- Ahlat Ağacı; Kasaba, Mayıs Sıkıntısı, Kış Uykusu (2014) ve belki biraz da Bir Zamanlar Anadolu’da (2011) filminde gördüğümüz karakterin baba evine geri dönmesini anlatıyor. Ancak bu sefer diğer filmlerinden farklı olarak peşinen teslimiyeti kabul etmiş, yenilmiş, sinmiş bir karakter yok. Daha çok Turgenyev’in Babalar ve Oğulları’ndaki sözde nihilist Bazarov gibi bir karakter var.

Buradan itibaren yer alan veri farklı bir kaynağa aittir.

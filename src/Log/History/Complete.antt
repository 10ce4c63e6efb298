-- ===== src/Log/History/Complete.antt =====
-- A stream from a cursor that src/hotmem/events.py accepts misses nothing.
use mathlib.Core.List.{Memᴰ}
use hot_mem.Prelude.{
  ◌≤◌, ◌<◌, ◌≡◌, refl, inl, inr, Bool, true, ◌&&◌, Option, none, some, List, [], ◌∷◌, keep, length,
  ltb, Bool-cases, ok, raise_if, >>=-eq-ok, >>-eq-ok, raise_if-eq-ok, ok-injective, arith,
  if◌then◌else◌, String, contains, ◌=ₛ◌,
}
use hot_mem.Prelude.Membership.{keep-Memᴰ}
use hot_mem.Log.Tables.{LogRow, Database, event_log_bounds}
use hot_mem.Log.Cursor.Types.{ReplayCursor, stale_base, post_init}
use hot_mem.Log.Cursor.{
  Identity, Asked, require_persistent_identity, check_issuer, check_scope, check_window,
  is_empty_history, check_reach, validate_replay_cursor, effective_replay_event_types,
}
use hot_mem.Log.Stream.{clause, matches, page_query, is_allowed, rounds_for, asked_for, replay}
use hot_mem.Log.Stream.Pages.{stream_pages_lem}
use hot_mem.Events.Target.{TombRow}
use hot_mem.Log.Compact.{Compaction, CompactRequest, compact_tombstones}
use hot_mem.Log.Compact.Safe.{compact_tombstones-Removable}
use hot_mem.Log.History.{Run, Run-Later}
use hot_mem.Log.History.Sound.{IsLog, Run-IsLog}
use mathlib.Core.Path.{subst}

check_reach-trimmed :
    (db : Database) (c : ReplayCursor) → check_reach db c ≡ ok tt → db.trimmed_through_seq ≤ c.seq
unfolding check_reach event_log_bounds
check_reach-trimmed db c h =
    let (behind, _) = raise_if-eq-ok (ltb c.seq db.trimmed_through_seq) stale_base _ h in
    ground (arith, behind)

empty_history-trimmed : (db : Database) → is_empty_history db ≡ true → db.trimmed_through_seq ≡ 0
unfolding event_log_bounds
empty_history-trimmed db h = ground (arith, h)

check_window-trimmed :
    (db : Database) (c : ReplayCursor)
    → (if is_empty_history db then raise_if (ltb 0 c.seq) stale_base else check_reach db c) ≡ ok tt
    → db.trimmed_through_seq ≤ c.seq
check_window-trimmed db c h = elim (Bool-cases (is_empty_history db)) [
  | inl e ↦ omega (arith, empty_history-trimmed db e)
  | inr e ↦
      check_reach-trimmed db c (
        subst (λ b. (if b then raise_if (ltb 0 c.seq) stale_base else check_reach db c) ≡ ok tt) e
          h)
]

-- The position of an accepted cursor is behind no watermark.
pub check_window-Reaches :
    (db : Database) (c : ReplayCursor)
    → check_window db c ≡ ok tt
    → (db.trimmed_through_seq ≤ c.seq) × (db.compacted_tombstones_through_seq ≤ c.seq)
unfolding check_window
check_window-Reaches db c h =
    let (fresh, rest) =
      raise_if-eq-ok
        (ltb 0 db.compacted_tombstones_through_seq && ltb c.seq db.compacted_tombstones_through_seq)
        stale_base _ h in
    (check_window-trimmed db c rest, ground (arith, fresh))

-- An accepted cursor is the one that its fields make, and it passed the check of the window.
pub validate_replay_cursor-Accepted :
    (i : Identity) (asked : Asked) (db : Database) (fields c : ReplayCursor)
    → validate_replay_cursor i asked db fields ≡ ok c
    → (post_init fields ≡ ok c)
      × (check_issuer asked.allow_legacy_history i c ≡ ok tt)
      × (check_scope asked.namespace asked.event_types c ≡ ok tt)
      × (check_window db c ≡ ok tt)
unfolding validate_replay_cursor
validate_replay_cursor-Accepted i asked db fields c h =
    let (d, made, h1) = >>=-eq-ok (post_init fields) _ h in
    let (_, h2) = >>-eq-ok (require_persistent_identity i) _ h1 in
    let (source, h3) = >>-eq-ok (check_issuer asked.allow_legacy_history i d) _ h2 in
    let (scope, h4) = >>-eq-ok (check_scope asked.namespace asked.event_types d) _ h3 in
    let (window, h5) = >>-eq-ok (check_window db d) _ h4 in
    let same : c ≡ d = ok-injective h5 in
    (rw same made, rw same source, rw same scope, rw same window)

-- What a stream yields: the events behind the cursor's position, in its namespace, of its types.
abbrev pub behind_cursor : ReplayCursor → List String → Database → List LogRow
behind_cursor c types db =
    keep (is_allowed (some types)) (keep (matches (page_query c.namespace c.seq)) db.events)

keep-length : (p : LogRow → Bool) (es : List LogRow) → length (keep p es) ≤ length es
keep-length p [] = omega arith
keep-length p (e ∷ es) = ground (arith, keep-length p es)

-- Of a log in order, a stream from a cursor that is accepted ends and yields, in their order, the
-- events behind the cursor's position that have its namespace, where it names one, and one of its
-- event types: the pages neither repeat an event nor leave one out.
pub replay_lem :
    (i : Identity) (ns : Option String) (fields c : ReplayCursor) (types : List String)
    (db : Database)
    → IsLog db
    → validate_replay_cursor i (asked_for ns) db fields ≡ ok c
    → effective_replay_event_types c none ≡ ok types
    → replay i ns fields db ≡ ok (some (behind_cursor c types db))
unfolding replay
replay_lem i ns fields c types db log valid scope =
    let pages =
      stream_pages_lem (rounds_for db.events) 499 c.namespace (some types) c.seq db.events
        log.ascending
        (omega (arith, keep-length (matches (page_query c.namespace c.seq)) db.events)) in
    rw (valid, scope, pages) refl

matches-page :
    (c : ReplayCursor) (e : LogRow)
    → c.seq < e.seq
    → clause c.namespace (λ ns. e.namespace =ₛ ns) ≡ true
    → matches (page_query c.namespace c.seq) e ≡ true
unfolding matches
matches-page c e behind same = ground (arith, behind, same)

-- An event that was in the log at some time, whatever appends, trims, compactions and deletions came
-- since, is in the stream from each cursor that is accepted now, if it is behind the cursor's
-- position and has its namespace and one of its types; the stream ends.
pub replay_complete :
    (i : Identity) (ns : Option String) (fields c : ReplayCursor) (types : List String)
    (db last : Database) (e : LogRow)
    → IsLog db
    → Run db last
    → validate_replay_cursor i (asked_for ns) last fields ≡ ok c
    → effective_replay_event_types c none ≡ ok types
    → Memᴰ e db.events
    → c.seq < e.seq
    → clause c.namespace (λ n. e.namespace =ₛ n) ≡ true
    → contains types e.event_type ≡ true
    → (stream : List LogRow) × (replay i ns fields last ≡ ok (some stream)) × Memᴰ e stream
replay_complete i ns fields c types db last e log run valid scope was behind same typed =
    let (_, _, _, window) = validate_replay_cursor-Accepted i (asked_for ns) last fields c valid in
    let (reaches, _) = check_window-Reaches last c window in
    let still = (Run-Later run).kept e was (omega (arith, reaches, behind)) in
    (
      behind_cursor c types last,
      replay_lem i ns fields c types last (Run-IsLog run log) valid scope,
      keep-Memᴰ (is_allowed (some types))
          (keep-Memᴰ (matches (page_query c.namespace c.seq)) still (matches-page c e behind same))
          typed,
    )

-- A tombstone that a compaction has removed, and that was the only one of its id, is behind no
-- cursor that is accepted at that time or later: each is at the deletion's number or further.
pub compact_tombstones_passed :
    (i : Identity) (asked : Asked) (fields c : ReplayCursor) (r : CompactRequest)
    (db db' last : Database) (done : Compaction) (id : String) (t : TombRow)
    → compact_tombstones r db ≡ ok (db', done)
    → Memᴰ (id, t) db.tombstones
    → ((u : TombRow) → Memᴰ (id, u) db.tombstones → u ≡ t)
    → ¬ Memᴰ (id, t) db'.tombstones
    → Run db' last
    → validate_replay_cursor i asked last fields ≡ ok c
    → t.deleted_at_seq ≤ c.seq
compact_tombstones_passed i asked fields c r db db' last done id t h at only gone run valid =
    let noted = (compact_tombstones-Removable r db db' done id t h at only gone).noted in
    let (_, _, _, window) = validate_replay_cursor-Accepted i asked last fields c valid in
    let (_, reaches) = check_window-Reaches last c window in
    omega (arith, noted, (Run-Later run).compacted, reaches)
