-- ===== src/Log/Tests.antt =====
-- Runs of the log, and its theorems at concrete inputs.
mod Claims
use mathlib.Core.List.{Memᴰ}
use mathlib.Core.Path.{subst}
use hot_mem.Prelude.{
  ℕ, String, ◌≡◌, ◌≢◌, refl, ap, inl, inr, ◌≤◌, Bool, true, false, Option, none, some, List, [],
  ◌∷◌, map, Result, ok, err, arith, ◌=ₛ◌, if◌then◌else◌,
}
use hot_mem.Prelude.Strings.{strip, is_space, str_len, is_blank, ne_of_eq-false}
use hot_mem.Prelude.Membership.{Memᴰ-cons}
use hot_mem.Json.{Value, str, num, bool, Fields, end, field, get, has, put, truthy}
use hot_mem.Policy.Platform.{Platform}
use hot_mem.Delta.Store.{Row, get_memory}
use hot_mem.Events.Types.{Rules}
use hot_mem.Events.Target.{TombRow, constraint, delete_memory_row}
use hot_mem.Events.Image.{strip_envelope_keys}
use hot_mem.Events.Candidates.{safe_record_fingerprint}
use hot_mem.Log.Tables.{
  LogRow, Database, Tombstone, event_at_seq, event_log_bounds, insert_event, get_tombstone,
  put_tombstone, with_event, delete_tombstones, list_tombstones, has_events_at_or_before_seq,
}
use hot_mem.Log.Trim.{delete_events, trim_events_before_seq, trim_events_by_count}
use hot_mem.Log.Compact.{
  CompactRequest, Compaction, check_candidate, check_candidates, remove_candidates, compact_listed,
  compact_tombstones, events_not_trimmed_through_tombstone,
}
use hot_mem.Log.Cursor.Types.{
  ReplayCursor, clean_types, normalize_event_types, check_position, post_init, stale_base,
}
use hot_mem.Log.Cursor.{
  Identity, check_issuer, check_scope, check_reach, check_window, validate_replay_cursor,
  effective_replay_event_types,
}
use hot_mem.Log.Stream.{matches, query_events, stream_pages, asked_for, replay, replay_after}
use hot_mem.Log.Ledger.{get_operation_ledger, get_operation_ledger_for_memory, put_operation_ledger}
use hot_mem.Log.Append.{Origin, Host, Entry, stored_payload, append_event, event_fields}
use hot_mem.Log.Delete.{
  DeleteRequest, failed, already_deleted, not_found, build_memory_deleted_payload, delete_body,
  delete_on_connection, delete_memory_record,
}
use hot_mem.Log.Compact.Safe.{Removable, compact_tombstones-Removable}
use hot_mem.Log.Delete.Retry.{delete_memory_record_retry}
use hot_mem.Log.Delete.Burial.{
  Buried, delete_memory_record-Buried, delete_memory_record_atomic, delete_memory_record_others,
}
use hot_mem.Log.History.{Run, stops, goes, deletes, appends, trims_before, compacts}
use hot_mem.Log.History.Sound.{IsLog, Step-IsLog, Run-IsLog}
use hot_mem.Log.History.Complete.{
  behind_cursor, replay_lem, replay_complete, compact_tombstones_passed,
}

abbrev platform : Platform
platform = record {
  show = λ v. "?";
  lower = λ s. s;
  sha256 = λ s. s;
  loads = λ s. none;
  dumps = λ v. "";
}

abbrev rules : Rules
rules = record {
  normalize = λ d. some d;
  validate = λ d. [];
  fingerprint = λ d. "fp";
  content_hash = λ identifier text. text;
  normalize_source_uri = λ s. s;
  file_content_hash = λ identifier f. identifier;
  legacy_file_content_hashes = λ identifier f. [];
  to_int = λ v. some v;
}

abbrev host : Host
host = record {
  now = "2025-01-01T00:00:00Z";
  ledger_now = "2025-01-01T00:00:00Z";
  digest = λ d. elim (get "memory_id" d) as (λ x. String) [ str s ↦ s | _ ↦ "" ];
  platform = platform;
  rules = rules;
}

abbrev origin : Origin
origin = record { mount_id = "m"; replica_id = "r"; history_id = "h"; runtime_generation = "1" }

abbrev row_of : String → Row
row_of id = record {
  id = id;
  namespace = "work";
  content_hash = id;
  columns = field "identifier" (str id) end;
}

abbrev empty : Database
empty = record {
  rows = row_of "a" ∷ row_of "b" ∷ [];
  events = [];
  last_seq = 0;
  tombstones = [];
  marks = λ id. none;
  ledger = [];
  trimmed_through_seq = 0;
  last_known_head_seq = 0;
  last_known_head_event_id = "";
  compacted_tombstones_through_seq = 0;
}

abbrev deletion_of_a : DeleteRequest
deletion_of_a = record {
  memory_id = "a";
  reason = "";
  deleted_at = none;
  occurred_at = none;
  idempotency_key = some "key";
  caller_id = "local";
  event_id = "e1";
}

-- What a test unfolds.
program : Unit {0}
unfolding strip is_space str_len get has put truthy get_memory delete_memory_row strip_envelope_keys
    safe_record_fingerprint event_at_seq event_log_bounds insert_event get_tombstone put_tombstone
    delete_tombstones list_tombstones has_events_at_or_before_seq delete_events
    trim_events_before_seq trim_events_by_count check_candidate check_candidates remove_candidates
    compact_listed compact_tombstones clean_types normalize_event_types check_position post_init
    check_issuer check_scope check_reach check_window validate_replay_cursor
    effective_replay_event_types matches query_events stream_pages replay replay_after
    get_operation_ledger get_operation_ledger_for_memory put_operation_ledger stored_payload
    append_event event_fields build_memory_deleted_payload delete_body delete_on_connection
    delete_memory_record
program = tt

abbrev after_delete : Database
unfolding program
after_delete = (delete_memory_record host origin deletion_of_a empty).1

abbrev signal : String → Entry
signal id = record {
  event_id = id;
  event_type = "memory.created";
  memory_id = some id;
  namespace = "work";
  payload = end;
  occurred_at = none;
}

abbrev row_at : ℕ → String → LogRow
row_at n id = record {
  seq = n;
  event_id = id;
  memory_id = some id;
  namespace = "work";
  event_type = "memory.created";
  occurred_at = "2025-01-01T00:00:00Z";
  payload = end;
}

abbrev two : Database
two = with_event (row_at 2 "e2") after_delete

abbrev three : Database
three = with_event (row_at 3 "e3") two

abbrev trimmed : Database
unfolding program
trimmed = (trim_events_before_seq 2 three).0

abbrev through_1 : CompactRequest
through_1 = record { through_seq = 1; acked_cursor_seq = none; namespace = none; strict = true }

abbrev compacted_log : Database
unfolding program
compacted_log = remove_candidates through_1 trimmed

appended : append_event host origin (signal "e2") after_delete ≡ ok (two, row_at 2 "e2")
unfolding program
appended = refl

abbrev compaction : Compaction
compaction = record { compacted = 1; remaining = 0; compacted_through_seq = 1 }

compacts_1 : compact_tombstones through_1 trimmed ≡ ok (compacted_log, compaction)
unfolding program
compacts_1 = refl

too_early : compact_tombstones through_1 three ≡ err events_not_trimmed_through_tombstone
unfolding program
too_early = refl

numbers_left : map (λ (e : LogRow). e.seq) compacted_log.events ≡ 2 ∷ 3 ∷ []
unfolding program
numbers_left = refl

abbrev identity : Identity
identity = record {
  mount_id = "m";
  replica_id = "r";
  history_id = "h";
  base_snapshot_id = "";
  legacy_history = false;
}

abbrev cursor_at : ℕ → String → ReplayCursor
cursor_at n anchor = record {
  mount_id = "m";
  replica_id = "r";
  history_id = "h";
  seq = n;
  anchor_event_id = anchor;
  base_snapshot_id = "";
  namespace = some "work";
  event_types = "memory.created" ∷ [];
  scope_mode = "legacy";
  version = 1;
}

accepted :
    validate_replay_cursor identity (asked_for none) compacted_log (cursor_at 2 "e2")
    ≡ ok (cursor_at 2 "e2")
unfolding program
accepted = refl

stale :
    validate_replay_cursor identity (asked_for none) compacted_log (cursor_at 1 "e1")
    ≡ err stale_base
unfolding program
stale = refl

abbrev types : List String
types = "memory.created" ∷ "memory.deleted" ∷ "memory.updated" ∷ []

upgraded : effective_replay_event_types (cursor_at 2 "e2") none ≡ ok types
unfolding program
upgraded = refl

streamed : replay identity none (cursor_at 2 "e2") compacted_log ≡ ok (some (row_at 3 "e3" ∷ []))
unfolding program
streamed = refl

-- A cursor at the last number that was trimmed is refused, although it lies at the watermark.
at_watermark :
    check_window (record compacted_log { compacted_tombstones_through_seq = 0 }) (cursor_at 1 "e1")
    ≡ err stale_base
unfolding program
at_watermark = refl
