-- ===== src/Log/Tests/Claims.antt =====
-- The theorems on the log at concrete inputs.
use mathlib.Core.List.{Memᴰ}
use mathlib.Core.Path.{subst}
use hot_mem.Prelude.{◌≡◌, refl, ap, inl, inr, ◌≤◌, true, none, some, List, [], ◌∷◌, ok, err, arith}
use hot_mem.Prelude.Strings.{ne_of_eq-false}
use hot_mem.Prelude.Membership.{Memᴰ-cons}
use hot_mem.Json.{bool, Fields, end, put}
use hot_mem.Delta.Store.{Row, get_memory}
use hot_mem.Events.Target.{TombRow, constraint}
use hot_mem.Log.Tables.{LogRow, Tombstone, get_tombstone}
use hot_mem.Connection.{clean}
use hot_mem.Log.Stream.{asked_for, replay}
use hot_mem.Log.Delete.{
  DeleteRequest, failed, already_deleted, delete_on_connection, delete_memory_record,
}
use hot_mem.Log.Compact.Safe.{Removable, compact_tombstones-Removable}
use hot_mem.Log.Delete.Retry.{delete_memory_record_retry}
use hot_mem.Log.Delete.Burial.{
  Buried, delete_memory_record-Buried, delete_memory_record_atomic, delete_memory_record_others,
}
use hot_mem.Log.History.{Run, stops, goes, deletes, appends, trims_before, compacts}
use hot_mem.Log.History.Sound.{IsLog, Step-IsLog, Run-IsLog}
use hot_mem.Log.History.Complete.{
  behind_cursor, replay_lem, replay_complete, compact_tombstones_passed,
}
use hot_mem.Log.Tests.{
  host, origin, empty, deletion_of_a, program, after_delete, signal, row_at, two, three, trimmed,
  through_1, compacted_log, compaction, compacts_1, identity, cursor_at, accepted, types, upgraded,
}

empty-IsLog : IsLog empty
empty-IsLog = record { ascending = tt; bounded = λ e m. elim m [ ]; compacted = omega arith }

until_three : Run empty three
unfolding program
until_three = goes (deletes host origin deletion_of_a) (
    goes (appends host origin (signal "e2") two (row_at 2 "e2") refl)
      (goes (appends host origin (signal "e3") three (row_at 3 "e3") refl) stops))

after_three : Run three compacted_log
unfolding program
after_three = goes (trims_before 2) (goes (compacts through_1 compacted_log compaction refl) stops)

three-IsLog : IsLog three
three-IsLog = Run-IsLog until_three empty-IsLog

compacted_log-IsLog : IsLog compacted_log
compacted_log-IsLog = Run-IsLog after_three three-IsLog

Step-IsLog_example : IsLog after_delete
unfolding after_delete delete_memory_record delete_on_connection
Step-IsLog_example = Step-IsLog (deletes host origin deletion_of_a) empty-IsLog

replay_lem_example :
    replay identity none (cursor_at 2 "e2") compacted_log
    ≡ ok (some (behind_cursor (cursor_at 2 "e2") types compacted_log))
replay_lem_example =
    replay_lem identity none (cursor_at 2 "e2") (cursor_at 2 "e2") types compacted_log
      compacted_log-IsLog accepted upgraded

replay_complete_example :
    (stream : List LogRow) × (replay identity none (cursor_at 2 "e2") compacted_log
      ≡ ok (some stream))
    × Memᴰ (row_at 3 "e3") stream
unfolding program
replay_complete_example =
    replay_complete identity none (cursor_at 2 "e2") (cursor_at 2 "e2") types three compacted_log
      (row_at 3 "e3") three-IsLog after_three accepted upgraded
      (Memᴰ.tail (Memᴰ.tail (Memᴰ.head refl))) (omega arith) refl refl

abbrev tomb_of_a : TombRow
tomb_of_a = record {
  namespace = "work";
  identifier = "a";
  content_hash = "a";
  record_fingerprint = "fp";
  deleted_at = "2025-01-01T00:00:00Z";
  deleted_at_seq = 1;
  delete_event_id = "e1";
  origin_mount_id = "m";
  origin_replica_id = "r";
  origin_history_id = "h";
  metadata_json = "{}";
  tags = "[]";
  reason = "";
}

tombs_once : trimmed.tombstones ≡ ("a", tomb_of_a) ∷ []
unfolding program
tombs_once = refl

tombs_gone : compacted_log.tombstones ≡ []
unfolding program
tombs_gone = refl

only_a : (u : TombRow) → Memᴰ ("a", u) trimmed.tombstones → u ≡ tomb_of_a
only_a u m = elim (Memᴰ-cons (subst (Memᴰ ("a", u)) tombs_once m)) [
  | inl e ↦ ap (λ (x : Tombstone). x.1) e
  | inr rest ↦ elim rest [ ]
]

abbrev a_buried : Tombstone
a_buried = ("a", tomb_of_a)

none_left : ¬ Memᴰ ("a", tomb_of_a) compacted_log.tombstones
none_left m = let none : Memᴰ a_buried [] = subst (Memᴰ a_buried) tombs_gone m in elim none [ ]

compact_tombstones-Removable_example : Removable trimmed compacted_log "a" tomb_of_a
compact_tombstones-Removable_example =
    compact_tombstones-Removable through_1 trimmed compacted_log compaction "a" tomb_of_a compacts_1
      (rw tombs_once (Memᴰ.head refl)) only_a none_left

compact_tombstones_passed_example : tomb_of_a.deleted_at_seq ≤ 2
compact_tombstones_passed_example =
    compact_tombstones_passed identity (asked_for none) (cursor_at 2 "e2") (cursor_at 2 "e2")
      through_1 trimmed compacted_log compacted_log compaction "a" tomb_of_a compacts_1
      (rw tombs_once (Memᴰ.head refl)) only_a none_left stops accepted

abbrev result_of_a : Fields
unfolding program
result_of_a = elim (delete_memory_record host origin deletion_of_a empty).0 as (λ x. Fields) [
  | ok result ↦ result
  | err e ↦ end
]

deletes_a : delete_memory_record host origin deletion_of_a empty ≡ (ok result_of_a, after_delete)
unfolding program
deletes_a = refl

delete_memory_record-Buried_example :
    (row : Row) × (get_memory "a" empty.rows ≡ some row) × Buried "a" row empty after_delete
unfolding program
delete_memory_record-Buried_example =
    delete_memory_record-Buried host origin deletion_of_a empty after_delete result_of_a refl
      deletes_a

-- An event has been appended in between.
delete_memory_record_retry_example :
    delete_memory_record
      (record host { now = "later"; ledger_now = "later" })
      origin
      (record deletion_of_a { deleted_at = none; occurred_at = none; event_id = "e9" })
      two
    ≡ (ok (put "idempotent_replay" (bool true) result_of_a), two)
unfolding program
delete_memory_record_retry_example =
    delete_memory_record_retry host "later" "later" deletion_of_a none none "e9" origin origin empty
      after_delete two result_of_a refl deletes_a refl refl refl

abbrev unkeyed : DeleteRequest
unkeyed = record deletion_of_a { idempotency_key = none }

again :
    delete_memory_record host origin unkeyed after_delete ≡ (err (already_deleted 1), after_delete)
unfolding program
again = refl

-- The id of the event is taken, which is found after the row has been deleted.
abbrev clashing : DeleteRequest
clashing = record deletion_of_a { memory_id = "b"; idempotency_key = none }

clashes :
    (delete_on_connection host origin clashing (clean after_delete)).0 ≡ err (failed constraint)
unfolding program
clashes = refl

delete_memory_record_atomic_example :
    (delete_on_connection host origin clashing (clean after_delete)).1 ≡ clean after_delete
delete_memory_record_atomic_example =
    delete_memory_record_atomic host origin clashing after_delete (failed constraint) clashes

delete_memory_record_others_example :
    (get_memory "b" after_delete.rows ≡ get_memory "b" empty.rows)
    × (get_tombstone "b" after_delete.tombstones ≡ get_tombstone "b" empty.tombstones)
unfolding after_delete delete_memory_record delete_on_connection
delete_memory_record_others_example =
    delete_memory_record_others host origin deletion_of_a empty "b" (ne_of_eq-false "a" "b" refl)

Nuri Bilge Ceylan’ın son filmi Ahlat Ağacı (2018) Ceylan’ın sinemasında yeni bir uğrak, farklı bir soluk. Kasaba (1997) ve Mayıs Sıkıntısı (1999) filminden sonra tekrar memleketine dönen Ceylan, İklimler (2006) ile birlikte dijital kamera kullanmaya başlamasıyla daha stilistik bir üsluba bürünen biçemini de bozuyor. Peşinen söylemek gerekirse bazı sahnelerde patlayan ışıklar, devamlılık hataları, sert ve belki hatalı diyebileceğimiz plan geçişleri stilistik bir tercih ve bence olumlu bir tercih. Ceylan’ın seyirciyi görüntüyle büyülemektense onu düşünmeye sevk eden bir stil tercih ettiği ortada. Bunu Ceylan sineması için olumlu bir gelişme olarak görüyorum. Mayıs Sıkıntısı’ndan sonra yeniden “yönetmenin iktidarı” üzerine düşünmesi, filmin biçimini kasten bozması, seyirciye daha çok alan açması ve fotoğraflarla büyülemek yerine seyirciyi düşünmeye sevk etmesi sevindirici. Sinan’ın iki imamla karşılaştığı sahnede bir cami yapımı üzerine çıkan tartışmada reformist imamın içerikten – dinin özü – gelenekçi imamın şekilden yana tavır koyması, bir anlamda Ceylan’ın filminin biçiminin de tartışmalı noktalarına bir cevap mahiyetindedir. Aslolanın öz olduğuna ikna olmuş gibidir Ceylan. Post-hakikat çağının kurgusal dünyasından gerçeğin çölüne yeniden dönmüştür. Ahlat Ağacı filminde gerçek kurgunun içinde değil kurgu gerçeğin içindedir. Teshome Gabriel’in savunduğu gibi film sinemanın sadece teknik boyutudur ve teknik olmazsa olmaz değildir. Ahlat Ağacı tekniğe burun kıvıran, sanatı hayat yapmak gayesiyle inşa edilmemiş bir film. Üç Maymun’un (2008) aşırı stilistik tavrı ve yapay renklerindense bu filmi tercih ettiğimi söyleyerek Ahlat Ağacı’nın teknik kusurları (!) bahsini kapamayı istiyorum.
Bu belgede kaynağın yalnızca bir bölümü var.